Thanks for the photos choobaine,  The orange skirted isopods interested me the most. I noticed that the orange color seems to extend the length of the antennae whereas almost all of the skirted variety here only have color at the base.


----------



## Choobaine (May 12, 2008)

that's absolutely fascinating... I must have a closer look... why do you think this is?


----------



## drbio (May 12, 2008)

I'm not really sure.  When I first came across the skirted variety I expected to see the skirt color on the entire antennae and was surprised when I couldn't find any like that.  It could possibly be due to the pigment developmental phase occurring while they are still in the mothers birth sack.  If the antennae is folded and tucked into the body when this happens, it would explain why the base of the antennae has the skirt color but the outer part of the antennae is the color of the body. 

Just a theory though, I don't know for sure.


----------



## petshopguy (May 12, 2008)

I am partial to the speckled isopods. They've got to be awesome at camoflage in native habitats.


----------



## Choobaine (May 12, 2008)

well then there's only one thing I can think of!
I have many colourful females with big fat brood pouches. I will seperate the mothers and raise their offspring seperately and record how each one turns out.

If they all turn out differently, or the same, and what patterns they have...

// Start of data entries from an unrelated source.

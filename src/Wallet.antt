-- ===== src/Wallet.antt =====
-- wallet/src/sync.rs, with `apply_transaction` of wallet/src/money.rs and of wallet/src/timestamp.rs:
-- the wallet's database of blocks and owned outputs. A failure of sled itself is left out,
-- and so is what an operation that ends in an error has written before it.
pub mod Blocks
pub mod Kept
pub mod Moves
pub mod Outputs
pub mod Queries
pub mod Reorg
pub mod Selection
pub mod Spending
pub mod Sync
pub mod Arguments
pub mod Balances
mod Tests
use tuxedo.Base.{
  ℕ, zero, suc, ◌+◌, ◌-◌, ◌%◌, ◌^◌, ◌==◌, ltb, Bytes, Bool, List, [], ◌∷◌, ◌++◌, length, Option,
  none, some, Outcome, ok, err, ok_or, map_err, ◌>>=◌, ◌>>◌, bytes_eq, if◌then◌else◌, ◌≡◌,
}
use tuxedo.Codec.{Codec, read}
use tuxedo.DynamicTyping.{DynamicTypingError, UtxoData, extract}
use tuxedo.Types.{OutputRef, Input, Output, Transaction}
use tuxedo.Types.Encoding.{TransactionCodecs, encode_transaction, decode_transaction}
use tuxedo.Money.{Coin}
use tuxedo.Timestamp.{Timestamp}
use tuxedo.Executive.Validation.{new_ref}

-- A sled `Tree`, third party: a map from keys to values.
pub record TreeApi (T : Type 0) : Type 0 where
  pub get : T → Bytes → Option Bytes
  pub insert : T → Bytes → Bytes → T
  pub remove : T → Bytes → T
  pub len : T → ℕ
  pub iter : T → List (Bytes × Bytes)
  pub get-insert :
      (t : T) (k v j : Bytes) → get (insert t k v) j ≡ (if bytes_eq k j then some v else get t j)
  pub get-remove :
      (t : T) (k j : Bytes) → get (remove t k) j ≡ (if bytes_eq k j then none else get t j)
  pub len-insert : (t : T) (k v : Bytes) → get t k ≡ none → len (insert t k v) ≡ suc (len t)
  pub len-remove : (t : T) (k v : Bytes) → get t k ≡ some v → suc (len (remove t k)) ≡ len t

-- The tables.
pub record Db (T : Type 0) : Type 0 where
  pub block_hashes : T
  pub blocks : T
  pub unspent : T
  pub spent : T
  pub timestamp : T

pub data WalletError : Type 0 where
  bad_payload bad_entry bad_verifier bad_transaction : WalletError
  uninitialized inconsistent corrupted : WalletError

-- tuxedo-core's `OpaqueBlock`: its extrinsics are their encodings.
pub record OpaqueBlock : Type 0 where
  pub number : ℕ
  pub extrinsics : List Bytes

-- What the wallet is built over: the codecs, the hash, the runtime's verifier with its
-- `Sr25519Signature` variant, and the filter of the outputs that the wallet owns.
pub record Wallet (T V C : Type 0) : Type 0 where
  pub trees : TreeApi T
  pub refs : Codec OutputRef
  pub owned : Codec (ℕ × ℕ)
  pub numbers : Codec ℕ
  pub times : Codec ℕ
  pub hashes : Codec ℕ
  pub opaque_blocks : Codec OpaqueBlock
  pub transactions : TransactionCodecs V C
  pub bytes : Codec Bytes
  pub blake2_256 : Bytes → ℕ
  pub coin_data : UtxoData Coin
  pub timestamp_data : UtxoData Timestamp
  pub signature_owner : V → Option ℕ
  pub filter : V → Bool

module _ {T V C : Type 0} (w : Wallet T V C) where
  unfoldable pub add_unspent_output : Db T → OutputRef → ℕ → ℕ → Db T
  add_unspent_output db output_ref owner_pubkey amount = record db {
    unspent =
        w.trees.insert db.unspent (w.refs.encode output_ref)
          (w.owned.encode (owner_pubkey, amount));
  }

  unfoldable pub remove_unspent_output : Db T → OutputRef → Db T
  remove_unspent_output db output_ref = record db {
    unspent = w.trees.remove db.unspent (w.refs.encode output_ref);
  }

  -- The body that `spend_output` and `unspend_output` share: an entry is taken out of one table,
  -- decoded, and put into the other.
  unfoldable pub move_entry : T → T → OutputRef → Outcome WalletError (T × T)
  move_entry from to output_ref = elim (w.trees.get from (w.refs.encode output_ref)) [
    | none ↦ ok (from, to)
    | some ivec ↦ do
      entry ← ok_or (read w.owned ivec) WalletError.bad_entry
      ok (
        w.trees.remove from (w.refs.encode output_ref),
        w.trees.insert to (w.refs.encode output_ref) (w.owned.encode entry),
      )
  ]

  -- The loops over the inputs, on the two tables.
  unfoldable pub move_all : T → T → List Input → Outcome WalletError (T × T)
  move_all from to [] = ok (from, to)
  move_all from to (i ∷ is) = do
    moved ← move_entry from to i.output_ref
    move_all moved.0 moved.1 is

  -- `spend_output` on every input.
  unfoldable pub spend_inputs : Db T → List Input → Outcome WalletError (Db T)
  spend_inputs db inputs = do
    moved ← move_all db.unspent db.spent inputs
    ok (record db { unspent = moved.0; spent = moved.1 })

  -- `unspend_output` on every input.
  unfoldable pub unspend_inputs : Db T → List Input → Outcome WalletError (Db T)
  unspend_inputs db inputs = do
    moved ← move_all db.spent db.unspent inputs
    ok (record db { spent = moved.0; unspent = moved.1 })

  -- `money::apply_transaction`
  unfoldable pub apply_coin : Db T → ℕ → ℕ → Output V → Outcome WalletError (Db T)
  apply_coin db tx_hash index output = do
    coin ←
        map_err (λ (e : DynamicTypingError). WalletError.bad_payload)
          (extract w.coin_data output.payload)
    owner_pubkey ← ok_or (w.signature_owner output.verifier) WalletError.bad_verifier
    ok (add_unspent_output db (new_ref tx_hash index) owner_pubkey coin.value)

  -- `timestamp::apply_transaction`
  unfoldable pub apply_timestamp : Db T → Output V → Outcome WalletError (Db T)
  apply_timestamp db output = do
    timestamp ←
        map_err (λ (e : DynamicTypingError). WalletError.bad_payload)
          (extract w.timestamp_data output.payload)
    ok (record db {
      timestamp = w.trees.insert db.timestamp (0 ∷ []) (w.times.encode timestamp.time);
    })

  -- One round of the loop over the outputs.
  unfoldable pub apply_output : Db T → ℕ → ℕ → Output V → Outcome WalletError (Db T)
  apply_output db tx_hash index output =
      if bytes_eq output.payload.type_id w.coin_data.own_type_id
      then (if w.filter output.verifier then apply_coin db tx_hash index output else ok db)
      else if bytes_eq output.payload.type_id w.timestamp_data.own_type_id
      then apply_timestamp db output
      else ok db

  unfoldable pub apply_outputs : Db T → ℕ → ℕ → List (Output V) → Outcome WalletError (Db T)
  apply_outputs db tx_hash index [] = ok db
  apply_outputs db tx_hash index (o ∷ os) = do
    applied ← apply_output db tx_hash index o
    apply_outputs applied tx_hash (index + 1) os

  -- `BlakeTwo256::hash_of` of a byte vector.
  abbrev pub hash_of : Bytes → ℕ
  hash_of encoded = w.blake2_256 (w.bytes.encode encoded)

  -- `Transaction::decode(&mut &encoded[..])`
  abbrev pub decoded : Bytes → Outcome WalletError (Transaction V C × Bytes)
  decoded encoded = ok_or (decode_transaction w.transactions encoded) WalletError.bad_transaction

  -- `apply_transaction`, at the encoding of the opaque extrinsic.
  unfoldable pub apply_transaction : Db T → Bytes → Outcome WalletError (Db T)
  apply_transaction db encoded_extrinsic = do
    tx ← decoded encoded_extrinsic
    db1 ← apply_outputs db (hash_of encoded_extrinsic) 0 tx.0.outputs
    spend_inputs db1 tx.0.inputs

  -- `for i in 0..tx.outputs.len()`, from `index` on with `count` rounds left.
  unfoldable pub remove_outputs : Db T → ℕ → ℕ → ℕ → Db T
  remove_outputs db tx_hash zero index = db
  remove_outputs db tx_hash (suc count) index =
      remove_outputs (remove_unspent_output db (new_ref tx_hash index)) tx_hash count (index + 1)

  -- `unapply_transaction`; the hash is that of the decoded transaction, encoded again.
  unfoldable pub unapply_transaction : Db T → Bytes → Outcome WalletError (Db T)
  unapply_transaction db opaque_tx = do
    tx ← decoded opaque_tx
    db1 ← unspend_inputs db tx.0.inputs
    let tx_hash = hash_of (encode_transaction w.transactions tx.0)
    ok (remove_outputs db1 tx_hash (length tx.0.outputs) 0)

  unfoldable pub apply_transactions : Db T → List Bytes → Outcome WalletError (Db T)
  apply_transactions db [] = ok db
  apply_transactions db (x ∷ xs) = do
    applied ← apply_transaction db x
    apply_transactions applied xs

  -- `apply_block`
  unfoldable pub apply_block : Db T → OpaqueBlock → ℕ → Outcome WalletError (Db T)
  apply_block db b block_hash =
      apply_transactions
        (record db {
          block_hashes =
              w.trees.insert db.block_hashes (w.numbers.encode b.number)
                (w.hashes.encode block_hash);
          blocks = w.trees.insert db.blocks (w.hashes.encode block_hash) (w.opaque_blocks.encode b);
        })
        b.extrinsics

  -- The loop of `unapply_highest_block`: the last transaction first.
  unfoldable pub unapply_transactions : Db T → List Bytes → Outcome WalletError (Db T)
  unapply_transactions db [] = ok db
  unapply_transactions db (x ∷ xs) = do
    later ← unapply_transactions db xs
    unapply_transaction later x

  -- `height`; the number of blocks is cast to a `u32`.
  unfoldable pub height : Db T → Option ℕ
  height db =
      let num_blocks = w.trees.len db.block_hashes in
      if num_blocks == 0 then none else some ((num_blocks % 2 ^ 32 + (2 ^ 32 - 1)) % 2 ^ 32)

  -- `unapply_highest_block`
  unfoldable pub unapply_highest_block : Db T → Outcome WalletError (Db T)
  unapply_highest_block db = do
    best ← ok_or (height db) WalletError.uninitialized
    hash_ivec ← ok_or (w.trees.get db.block_hashes (w.numbers.encode best)) WalletError.inconsistent
    hash ← ok_or (read w.hashes hash_ivec) WalletError.bad_entry
    block_ivec ← ok_or (w.trees.get db.blocks (w.hashes.encode hash)) WalletError.corrupted
    block ← ok_or (read w.opaque_blocks block_ivec) WalletError.bad_entry
    unapply_transactions
        (record db {
          block_hashes = w.trees.remove db.block_hashes (w.numbers.encode best);
          blocks = w.trees.remove db.blocks (w.hashes.encode hash);
        })
        block.extrinsics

getting containers ready now...


----------



## drbio (May 12, 2008)

That will be an interesting set of data.  You can usually tell what color they will be at around 1 month.  I look forward to seeing your results.


----------



## Choobaine (May 12, 2008)

still trying to find containers... I can't seem to find enough, I want to vary their diet (yes I have enough brood pouch orange ones for this!!) to see what happens then too!

er... right... I will stick with raising them in the same conditions for now
I am trying to get at least 7 containers so that I will be raising 7 seperate broods. this is a very small sample and therefore not all that accurate however we will know even with one how the individuls turn out. 

I'll photograph each female and label each box. 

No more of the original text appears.